Quasiperiodic Motions in the Planar Three-Body Problem

In the direct product of the phase and parameter spaces, we define the perturbing region, where the Hamiltonian of the planar three-body problem is Ck-close to the dynamically degenerate Hamiltonian of two uncoupled two-body problems. In this region, the secular systems are the normal forms that one gets by trying to eliminate the mean anomalies from the perturbing function. They are Pöschel-integrable on a transversally Cantor set.

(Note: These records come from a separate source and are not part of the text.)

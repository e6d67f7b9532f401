-- ===== src/Collectors.antt =====
-- monitor_agent/collectors/__init__.py and base.py: the collectors of the agent, in their order.
pub mod Registry
pub mod Fields
pub mod Sections
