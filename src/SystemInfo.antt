-- ===== src/SystemInfo.antt =====
-- monitor_agent/collectors/system.py. What platform, psutil, socket, sys and time answer is a
-- parameter.
use employee_tracker.Common.{String, [], ◌∷◌, Result, ok, ◌>>=◌}
use employee_tracker.Common.Int.{ℤ, pos, pos_part}
use employee_tracker.Identity.{MachineIdentity}
use employee_tracker.Models.{Float, int, str, dict, fields, CollectorPayload, plain_payload}

pub record Uname : Type 0 where
  pub system : String
  pub release : String
  pub version : String
  pub machine : String
  pub processor : String

-- `uptime` is `int(time.time() - boot_timestamp)`.
pub record Answers : Type 0 where
  pub uname : Result Uname
  pub boot_time : Result Float
  pub fqdn : Result String
  pub python : String
  pub isoformat : Float → Result String
  pub uptime : Float → Result ℤ

-- `SystemCollector.collect`
unfoldable pub collect_system : Answers → MachineIdentity → Result CollectorPayload
collect_system a identity = a.uname >>= λ uname. a.boot_time >>= λ boot_timestamp.
    a.fqdn >>= λ hostname. a.isoformat boot_timestamp >>= λ boot_time.
    a.uptime boot_timestamp >>= λ uptime. ok (
      plain_payload (
        dict (
          fields (
            (
              "system",
              dict (
                  fields (
                    ("hostname", str hostname)
                    ∷ ("machine_id", str identity.value)
                    ∷ ("os", str uname.system)
                    ∷ ("os_release", str uname.release)
                    ∷ ("os_version", str uname.version)
                    ∷ ("architecture", str uname.machine)
                    ∷ ("processor", str uname.processor)
                    ∷ ("python", str a.python)
                    ∷ ("boot_time", str boot_time)
                    ∷ ("uptime_sec", int (pos (pos_part uptime)))
                    ∷ [])),
            )
            ∷ []))))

This construction is the starting point for proving the existence of and describing several new families of periodic or quasiperiodic orbits: short periodic orbits associated to some secular singularities, which generalize Poincaréʹs periodic orbits of the second kind (“Les Méthodes Nouvelles de la Mécanique Céleste,” Vol. 1, Gauthier-Villars, Paris, 1892–1899); quasiperiodic motions with three (resp. two) frequencies in a rotating frame of reference, which generalize Arnoldʹs solutions (Russian Math. Surveys18 (1963), 85–191) (resp. Liebermanʹs solutions; Celestial Mech.3 (1971), 408–426); and three-frequency quasiperiodic motions along which the two inner bodies get arbitrarily close to one another an infinite number of times, generalizing the Chenciner–Llibreʹs invariant “punctured tori” (Ergodic Theory Dynam. Systems8 (1988), 63–72). The proof relies on a sophisticated version of KAM theorem, which itself is proved using a normal form theorem of Herman (“Démonstration dʹun Théorème de V.I. Arnold,” Séminaire de Systèmes Dynamiques and Manuscripts, 1998).